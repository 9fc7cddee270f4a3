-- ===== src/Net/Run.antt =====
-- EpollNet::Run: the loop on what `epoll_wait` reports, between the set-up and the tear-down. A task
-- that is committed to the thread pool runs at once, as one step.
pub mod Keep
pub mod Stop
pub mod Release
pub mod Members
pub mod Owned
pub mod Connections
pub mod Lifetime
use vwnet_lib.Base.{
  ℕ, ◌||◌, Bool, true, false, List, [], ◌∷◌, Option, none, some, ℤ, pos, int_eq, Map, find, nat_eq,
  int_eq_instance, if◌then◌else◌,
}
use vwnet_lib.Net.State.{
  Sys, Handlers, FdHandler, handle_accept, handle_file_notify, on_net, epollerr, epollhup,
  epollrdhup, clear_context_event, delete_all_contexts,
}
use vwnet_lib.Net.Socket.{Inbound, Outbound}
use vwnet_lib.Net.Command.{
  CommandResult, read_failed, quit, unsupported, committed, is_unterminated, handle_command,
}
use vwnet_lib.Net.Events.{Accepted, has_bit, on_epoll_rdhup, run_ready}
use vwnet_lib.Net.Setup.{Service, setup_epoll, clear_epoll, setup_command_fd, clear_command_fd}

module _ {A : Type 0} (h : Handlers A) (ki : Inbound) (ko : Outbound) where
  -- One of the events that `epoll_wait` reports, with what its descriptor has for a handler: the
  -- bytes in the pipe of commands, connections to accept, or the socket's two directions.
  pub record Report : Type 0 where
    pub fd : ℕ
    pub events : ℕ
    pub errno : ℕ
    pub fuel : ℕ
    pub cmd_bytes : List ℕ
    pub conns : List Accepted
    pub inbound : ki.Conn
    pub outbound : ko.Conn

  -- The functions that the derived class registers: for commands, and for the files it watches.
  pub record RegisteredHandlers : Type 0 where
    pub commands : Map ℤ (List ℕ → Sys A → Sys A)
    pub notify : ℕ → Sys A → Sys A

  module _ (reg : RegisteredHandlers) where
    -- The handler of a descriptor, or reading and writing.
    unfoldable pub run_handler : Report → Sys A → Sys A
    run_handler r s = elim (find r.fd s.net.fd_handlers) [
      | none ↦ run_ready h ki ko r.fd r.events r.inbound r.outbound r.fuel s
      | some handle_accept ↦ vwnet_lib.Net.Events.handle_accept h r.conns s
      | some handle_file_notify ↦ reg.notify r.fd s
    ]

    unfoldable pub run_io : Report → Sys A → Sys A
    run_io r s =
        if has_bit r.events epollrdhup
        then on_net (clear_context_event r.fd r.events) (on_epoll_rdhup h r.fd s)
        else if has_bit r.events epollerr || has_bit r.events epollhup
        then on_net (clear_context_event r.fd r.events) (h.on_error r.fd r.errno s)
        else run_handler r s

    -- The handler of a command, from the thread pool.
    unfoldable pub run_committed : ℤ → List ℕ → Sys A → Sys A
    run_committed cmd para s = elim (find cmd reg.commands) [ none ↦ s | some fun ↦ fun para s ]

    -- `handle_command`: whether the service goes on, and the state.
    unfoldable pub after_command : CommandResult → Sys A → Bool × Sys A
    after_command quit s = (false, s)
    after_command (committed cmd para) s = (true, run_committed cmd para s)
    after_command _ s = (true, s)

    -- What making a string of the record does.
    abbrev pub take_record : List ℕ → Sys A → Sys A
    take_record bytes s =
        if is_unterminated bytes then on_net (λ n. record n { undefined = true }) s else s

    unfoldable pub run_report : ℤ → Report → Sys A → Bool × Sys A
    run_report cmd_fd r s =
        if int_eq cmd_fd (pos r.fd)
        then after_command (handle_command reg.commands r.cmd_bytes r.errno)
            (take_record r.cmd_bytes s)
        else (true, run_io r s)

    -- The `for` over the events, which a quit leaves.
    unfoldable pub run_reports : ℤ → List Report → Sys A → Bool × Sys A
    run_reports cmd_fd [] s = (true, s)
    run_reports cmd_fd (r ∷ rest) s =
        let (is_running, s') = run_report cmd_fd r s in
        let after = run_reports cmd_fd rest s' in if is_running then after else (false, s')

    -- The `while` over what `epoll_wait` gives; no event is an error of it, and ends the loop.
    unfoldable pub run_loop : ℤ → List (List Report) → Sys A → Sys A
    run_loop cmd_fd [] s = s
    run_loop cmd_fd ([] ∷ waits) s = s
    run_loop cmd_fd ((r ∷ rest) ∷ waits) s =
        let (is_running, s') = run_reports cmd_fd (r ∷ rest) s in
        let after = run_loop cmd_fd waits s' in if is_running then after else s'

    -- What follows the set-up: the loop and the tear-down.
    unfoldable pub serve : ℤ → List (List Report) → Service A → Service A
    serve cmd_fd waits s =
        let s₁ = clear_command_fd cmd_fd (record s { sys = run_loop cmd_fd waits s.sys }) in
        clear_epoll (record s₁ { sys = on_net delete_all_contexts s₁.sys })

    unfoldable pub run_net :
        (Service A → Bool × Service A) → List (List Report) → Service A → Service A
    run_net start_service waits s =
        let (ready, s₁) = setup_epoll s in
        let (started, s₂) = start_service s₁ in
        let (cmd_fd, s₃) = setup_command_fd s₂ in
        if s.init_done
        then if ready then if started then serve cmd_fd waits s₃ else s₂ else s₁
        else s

####################

:: WORK REQUIRED ::
The records must be reproduced in full. Nothing should differ.

:: PROBLEM SOLUTION ::
repository 9fc7cddee270f4a3
-- ===== src/Net/Run.antt =====
-- EpollNet::Run: the loop on what `epoll_wait` reports, between the set-up and the tear-down. A task
-- that is committed to the thread pool runs at once, as one step.
pub mod Keep
pub mod Stop
pub mod Release
pub mod Members
pub mod Owned
pub mod Connections
pub mod Lifetime
use vwnet_lib.Base.{
  ℕ, ◌||◌, Bool, true, false, List, [], ◌∷◌, Option, none, some, ℤ, pos, int_eq, Map, find, nat_eq,
  int_eq_instance, if◌then◌else◌,
}
use vwnet_lib.Net.State.{
  Sys, Handlers, FdHandler, handle_accept, handle_file_notify, on_net, epollerr, epollhup,
  epollrdhup, clear_context_event, delete_all_contexts,
}
use vwnet_lib.Net.Socket.{Inbound, Outbound}
use vwnet_lib.Net.Command.{
  CommandResult, read_failed, quit, unsupported, committed, is_unterminated, handle_command,
}
use vwnet_lib.Net.Events.{Accepted, has_bit, on_epoll_rdhup, run_ready}
use vwnet_lib.Net.Setup.{Service, setup_epoll, clear_epoll, setup_command_fd, clear_command_fd}

module _ {A : Type 0} (h : Handlers A) (ki : Inbound) (ko : Outbound) where
  -- One of the events that `epoll_wait` reports, with what its descriptor has for a handler: the
  -- bytes in the pipe of commands, connections to accept, or the socket's two directions.
  pub record Report : Type 0 where
    pub fd : ℕ
    pub events : ℕ
    pub errno : ℕ
    pub fuel : ℕ
    pub cmd_bytes : List ℕ
    pub conns : List Accepted
    pub inbound : ki.Conn
    pub outbound : ko.Conn

  -- The functions that the derived class registers: for commands, and for the files it watches.
  pub record RegisteredHandlers : Type 0 where
    pub commands : Map ℤ (List ℕ → Sys A → Sys A)
    pub notify : ℕ → Sys A → Sys A

  module _ (reg : RegisteredHandlers) where
    -- The handler of a descriptor, or reading and writing.
    unfoldable pub run_handler : Report → Sys A → Sys A
    run_handler r s = elim (find r.fd s.net.fd_handlers) [
      | none ↦ run_ready h ki ko r.fd r.events r.inbound r.outbound r.fuel s
      | some handle_accept ↦ vwnet_lib.Net.Events.handle_accept h r.conns s
      | some handle_file_notify ↦ reg.notify r.fd s
    ]

    unfoldable pub run_io : Report → Sys A → Sys A
    run_io r s =
        if has_bit r.events epollrdhup
        then on_net (clear_context_event r.fd r.events) (on_epoll_rdhup h r.fd s)
        else if has_bit r.events epollerr || has_bit r.events epollhup
        then on_net (clear_context_event r.fd r.events) (h.on_error r.fd r.errno s)
        else run_handler r s

    -- The handler of a command, from the thread pool.
    unfoldable pub run_committed : ℤ → List ℕ → Sys A → Sys A
    run_committed cmd para s = elim (find cmd reg.commands) [ none ↦ s | some fun ↦ fun para s ]

    -- `handle_command`: whether the service goes on, and the state.
    unfoldable pub after_command : CommandResult → Sys A → Bool × Sys A
    after_command quit s = (false, s)
    after_command (committed cmd para) s = (true, run_committed cmd para s)
    after_command _ s = (true, s)

    -- What making a string of the record does.
    abbrev pub take_record : List ℕ → Sys A → Sys A
    take_record bytes s =
        if is_unterminated bytes then on_net (λ n. record n { undefined = true }) s else s

    unfoldable pub run_report : ℤ → Report → Sys A → Bool × Sys A
    run_report cmd_fd r s =
        if int_eq cmd_fd (pos r.fd)
        then after_command (handle_command reg.commands r.cmd_bytes r.errno)
            (take_record r.cmd_bytes s)
        else (true, run_io r s)

    -- The `for` over the events, which a quit leaves.
    unfoldable pub run_reports : ℤ → List Report → Sys A → Bool × Sys A
    run_reports cmd_fd [] s = (true, s)
    run_reports cmd_fd (r ∷ rest) s =
        let (is_running, s') = run_report cmd_fd r s in
        let after = run_reports cmd_fd rest s' in if is_running then after else (false, s')

    -- The `while` over what `epoll_wait` gives; no event is an error of it, and ends the loop.
    unfoldable pub run_loop : ℤ → List (List Report) → Sys A → Sys A
    run_loop cmd_fd [] s = s
    run_loop cmd_fd ([] ∷ waits) s = s
    run_loop cmd_fd ((r ∷ rest) ∷ waits) s =
        let (is_running, s') = run_reports cmd_fd (r ∷ rest) s in
        let after = run_loop cmd_fd waits s' in if is_running then after else s'

    -- What follows the set-up: the loop and the tear-down.
    unfoldable pub serve : ℤ → List (List Report) → Service A → Service A
    serve cmd_fd waits s =
        let s₁ = clear_command_fd cmd_fd (record s { sys = run_loop cmd_fd waits s.sys }) in
        clear_epoll (record s₁ { sys = on_net delete_all_contexts s₁.sys })

    unfoldable pub run_net :
        (Service A → Bool × Service A) → List (List Report) → Service A → Service A
    run_net start_service waits s =
        let (ready, s₁) = setup_epoll s in
        let (started, s₂) = start_service s₁ in
        let (cmd_fd, s₃) = setup_command_fd s₂ in
        if s.init_done
        then if ready then if started then serve cmd_fd waits s₃ else s₂ else s₁
        else s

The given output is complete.